PDc computes breakdown point and efficiency associated with tuning constant alpha for minimum power divergence estimator

## Syntax

• bdp=PDc(alpha)example
• [bdp,eff]=PDc(___)example

## Description

 bdp =PDc(alpha) PDc with just one output argument.

 [bdp, eff] =PDc(___) PDc with 2 output arguments.

## Examples

expand all

### PDc with just one output argument.

[bdp]=PDc(1)
disp('Break down point')
disp(bdp)

### PDc with 2 output arguments.

alpha=1;
[bdp,eff]=PDc(alpha)
disp('Break down point and efficienty')
disp(['alpha=' num2str(alpha)])
disp(['bdp=' num2str(bdp)])
disp(['eff=' num2str(eff)])

## Related Examples

expand all

### Breakdown point and efficiency.

Analysis of breakdown point and asymptotic efficiency at the normal distribution as a function of alpha in regression.

c=0.01:0.01:1;
[bdp,eff]=PDc(c);
subplot(2,1,1)
plot(c,bdp)
xlabel('$\alpha$','Interpreter','Latex','FontSize',16)
ylabel('Breakdown point','Interpreter','none')
subplot(2,1,2)
plot(c,eff)
xlabel('$\alpha$','Interpreter','Latex','FontSize',16)
ylabel('Asymptotic efficiency','Interpreter','none')

## Input Arguments

### alpha — tuning constant alpha. Scalar or Vector.

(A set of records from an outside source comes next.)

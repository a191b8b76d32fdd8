-- ===== src/Parser/Ends/TypeExpr.antt =====
-- Types end: src/compiler/parser.cc.
use axcomp.Prelude.{ℕ, zero, suc, ◌+◌, ◌*◌, ◌≤◌, refl, arith}
use axcomp.Token.{
  TokenType, Token, ident, comma, l_paren, r_paren, colon, semicolon, kw_array, kw_record,
  kw_pointer, kw_of, kw_to, kw_end,
}
use axcomp.Token
use axcomp.Lexer.Unicode.{IsUnicode}
use axcomp.Parser.State.{Library, is_type}
use axcomp.Parser.TypeExpr.{
  identifiers, parse_ident_list, enum_values, parse_enumeration, dimensions, parse_base, parse_type,
  type_of, parse_fields,
}
use axcomp.Parser.Ends.{no_fuel, Takes, Takes-pure, Takes-bind, Takes-le, Takes-throw, Takes-if}
use axcomp.Parser.Ends.Tokens.{next-Takes, peek-Takes, get_token-Takes}
use axcomp.Parser.Ends.Basic.{parse_identifier-Takes, parse_qualident-Takes, set_attrs-Takes}
use axcomp.Parser.Ends.Expr.All.{expressions-end}

module _ (lib : Library) (good : IsUnicode lib.unicode) where
  pub identifiers-Takes : (f n : ℕ) → 20 * n + 1 ≤ f → Takes n 0 (identifiers lib f)
  unfolding identifiers
  identifiers-Takes zero n h = no_fuel _ (omega arith) h
  identifiers-Takes (suc f) n h = Takes-bind 0 (peek-Takes lib good n) λ tok m le.
      Takes-if (is_type tok comma)
        (λ _. Takes-bind 0 (next-Takes lib good m) λ _ m1 le1.
          Takes-bind 1 (parse_identifier-Takes lib good m1) λ bare m2 le2.
            Takes-bind 0 (set_attrs-Takes lib good m2 bare) λ id m3 le3.
              Takes-bind 0 (identifiers-Takes f m3 (omega arith)) λ rest m4 le4. Takes-pure m4 _)
        λ _. Takes-pure m _

  pub parse_ident_list-Takes : (f n : ℕ) → 20 * n ≤ f → Takes n 1 (parse_ident_list lib f)
  unfolding parse_ident_list
  parse_ident_list-Takes f n h = Takes-bind 1 (parse_identifier-Takes lib good n) λ bare m le.
      Takes-bind 0 (set_attrs-Takes lib good m bare) λ id m1 le1.
        Takes-bind 0 (identifiers-Takes f m1 (omega arith)) λ rest m2 le2. Takes-pure m2 _

  enum_values-Takes : (f n : ℕ) → 20 * n + 1 ≤ f → Takes n 1 (enum_values lib f)
  unfolding enum_values
  enum_values-Takes zero n h = no_fuel _ (omega arith) h
  enum_values-Takes (suc f) n h = Takes-bind 1 (parse_identifier-Takes lib good n) λ id m le.
      Takes-bind 0 (peek-Takes lib good m) λ tok m1 le1.
        Takes-bind 0
          (Takes-if (is_type tok comma)
            (λ _. Takes-bind 0 (next-Takes lib good m1) λ _ m2 le2. peek-Takes lib good m2)
            λ _. Takes-pure m1 tok)
          λ after m2 le2.
            Takes-if (is_type after r_paren) (λ _. Takes-pure m2 _)
              λ _.
                Takes-if (is_type after ident)
                  (λ _.
                    Takes-bind 0 (Takes-le 1 (omega arith) (enum_values-Takes f m2 (omega arith)))
                      λ rest m3 le3. Takes-pure m3 _)
                  λ _. Takes-throw _

  parse_enumeration-Takes : (f n : ℕ) → 20 * n ≤ f → Takes n 1 (parse_enumeration lib f)
  unfolding parse_enumeration Token.ordinal
  parse_enumeration-Takes f n h = Takes-bind 1 (get_token-Takes lib good n l_paren refl) λ _ m le.
      Takes-bind 0 (peek-Takes lib good m) λ tok m1 le1.
        Takes-if (is_type tok ident)
          (λ _.
            Takes-bind 0 (Takes-le 1 (omega arith) (enum_values-Takes f m1 (omega arith)))
              λ values m2 le2.
                Takes-bind 0 (Takes-le 1 (omega arith) (get_token-Takes lib good m2 r_paren refl))
                  λ _ m3 le3. Takes-pure m3 _)
          λ _. Takes-throw _

  dimensions-Takes : (f n : ℕ) → 20 * n + 6 ≤ f → Takes n 0 (dimensions lib f)
  unfolding dimensions
  dimensions-Takes zero n h = no_fuel _ (omega arith) h
  dimensions-Takes (suc f) n h = Takes-bind 0 (peek-Takes lib good n) λ tok m le.
      Takes-if (is_type tok kw_of) (λ _. Takes-pure m _)
        λ _.
          let exprs = expressions-end lib good f in
          Takes-bind 1 (exprs.simpleexpr m (omega arith)) λ e m1 le1.
            Takes-bind 0 (peek-Takes lib good m1) λ after m2 le2.
              Takes-if (is_type after comma)
                (λ _. Takes-bind 0 (next-Takes lib good m2) λ _ m3 le3.
                  Takes-bind 0 (dimensions-Takes f m3 (omega arith)) λ rest m4 le4. Takes-pure m4 _)
                λ _. Takes-pure m2 _

  parse_base-Takes : (n : ℕ) → Takes n 0 (parse_base lib)
  unfolding parse_base Token.ordinal
  parse_base-Takes n = Takes-bind 0 (peek-Takes lib good n) λ tok m le.
      Takes-if (is_type tok l_paren)
        (λ _. Takes-bind 0 (next-Takes lib good m) λ _ m1 le1.
          Takes-bind 0 (Takes-le 1 (omega arith) (parse_qualident-Takes lib good m1)) λ base m2 le2.
            Takes-bind 0 (Takes-le 1 (omega arith) (get_token-Takes lib good m2 r_paren refl))
              λ _ m3 le3. Takes-pure m3 _)
        λ _. Takes-pure m _

  -- What holds of the procedures that call each other, on fuel `f`.
  pub record TypeEnds (f : ℕ) : Type 0 where
    pub type : (n : ℕ) → 20 * n + 2 ≤ f → Takes n 1 (parse_type lib f)
    pub type_case : (n : ℕ) (t : TokenType) → 20 * n + 1 ≤ f → Takes n 1 (type_of lib f t)
    pub fields : (n : ℕ) → 20 * n + 1 ≤ f → Takes n 0 (parse_fields lib f)

  module _ (f : ℕ) (below : TypeEnds f) where
    parse_type-Takes : (n : ℕ) → 20 * n + 2 ≤ suc f → Takes n 1 (parse_type lib (suc f))
    unfolding parse_type
    parse_type-Takes n h =
        Takes-bind 0 (peek-Takes lib good n) λ tok m le. below.type_case m tok.type (omega arith)

    type_of-Takes : (n : ℕ) (t : TokenType) → 20 * n + 1 ≤ suc f → Takes n 1 (type_of lib (suc f) t)
    unfolding type_of Token.ordinal
    type_of-Takes n l_paren h = parse_enumeration-Takes f n (omega arith)
    type_of-Takes n kw_array h = Takes-bind 1 (get_token-Takes lib good n kw_array refl) λ _ m le.
        Takes-bind 0 (dimensions-Takes f m (omega arith)) λ dims m1 le1.
          Takes-bind 0 (Takes-le 1 (omega arith) (get_token-Takes lib good m1 kw_of refl))
            λ _ m2 le2.
              Takes-bind 0 (Takes-le 1 (omega arith) (below.type m2 (omega arith)))
                λ t m3 le3. Takes-pure m3 _
    type_of-Takes n kw_record h = Takes-bind 1 (get_token-Takes lib good n kw_record refl) λ _ m le.
        Takes-bind 0 (parse_base-Takes m) λ base m1 le1.
          Takes-bind 0 (below.fields m1 (omega arith)) λ fs m2 le2.
            Takes-bind 0 (Takes-le 1 (omega arith) (get_token-Takes lib good m2 kw_end refl))
              λ _ m3 le3. Takes-pure m3 _
    type_of-Takes n kw_pointer h =
        Takes-bind 1 (get_token-Takes lib good n kw_pointer refl) λ _ m le.
          Takes-bind 0 (Takes-le 1 (omega arith) (get_token-Takes lib good m kw_to refl))
            λ _ m1 le1.
              Takes-bind 0 (Takes-le 1 (omega arith) (below.type m1 (omega arith)))
                λ t m2 le2. Takes-pure m2 _
    type_of-Takes n _ h = Takes-bind 1 (parse_qualident-Takes lib good n) λ q m le. Takes-pure m _

    parse_fields-Takes : (n : ℕ) → 20 * n + 1 ≤ suc f → Takes n 0 (parse_fields lib (suc f))
    unfolding parse_fields Token.ordinal
    parse_fields-Takes n h = Takes-bind 0 (peek-Takes lib good n) λ tok m le.
        Takes-if (is_type tok ident)
          (λ _. Takes-bind 1 (parse_ident_list-Takes f m (omega arith)) λ ids m1 le1.
            Takes-bind 0 (Takes-le 1 (omega arith) (get_token-Takes lib good m1 colon refl))
              λ _ m2 le2.
                Takes-bind 0 (Takes-le 1 (omega arith) (below.type m2 (omega arith))) λ t m3 le3.
                  Takes-bind 0 (peek-Takes lib good m3) λ after m4 le4.
                    Takes-bind 0
                      (Takes-if (is_type after semicolon) (λ _. next-Takes lib good m4)
                        λ _. Takes-pure m4 _)
                      λ _ m5 le5.
                        Takes-bind 0 (below.fields m5 (omega arith)) λ rest m6 le6. Takes-pure m6 _)
          λ _. Takes-pure m _

  -- Types end.
  pub types-end : (f : ℕ) → TypeEnds f
  types-end zero = record {
    type = λ n h. no_fuel _ (omega arith) h;
    type_case = λ n t h. no_fuel _ (omega arith) h;
    fields = λ n h. no_fuel _ (omega arith) h;
  }
  types-end (suc f) =
      let below = types-end f in
      record {
        type = parse_type-Takes f below;
        type_case = type_of-Takes f below;
        fields = parse_fields-Takes f below;
      }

Scalar greater than 0 which controls the robustness/efficiency of the estimator

Data Types: single| double

## Output Arguments

### bdp —bdp. Scalar

Breakdown point associated to the supplied value of c

### eff —eff. Scalar

Efficiency associated to the supplied value of c Remark: if alpha is a vector bdp and eff will also be vectors with the same size of alpha. For example bdp(3) and eff(3) are associated to alpha(3) ....

Riani, M. Atkinson, A.C., Corbellini A. and Perrotta A. (2020), Robust Regression with Density Power Divergence: Theory, Comparisons and Data Analysis, submitted.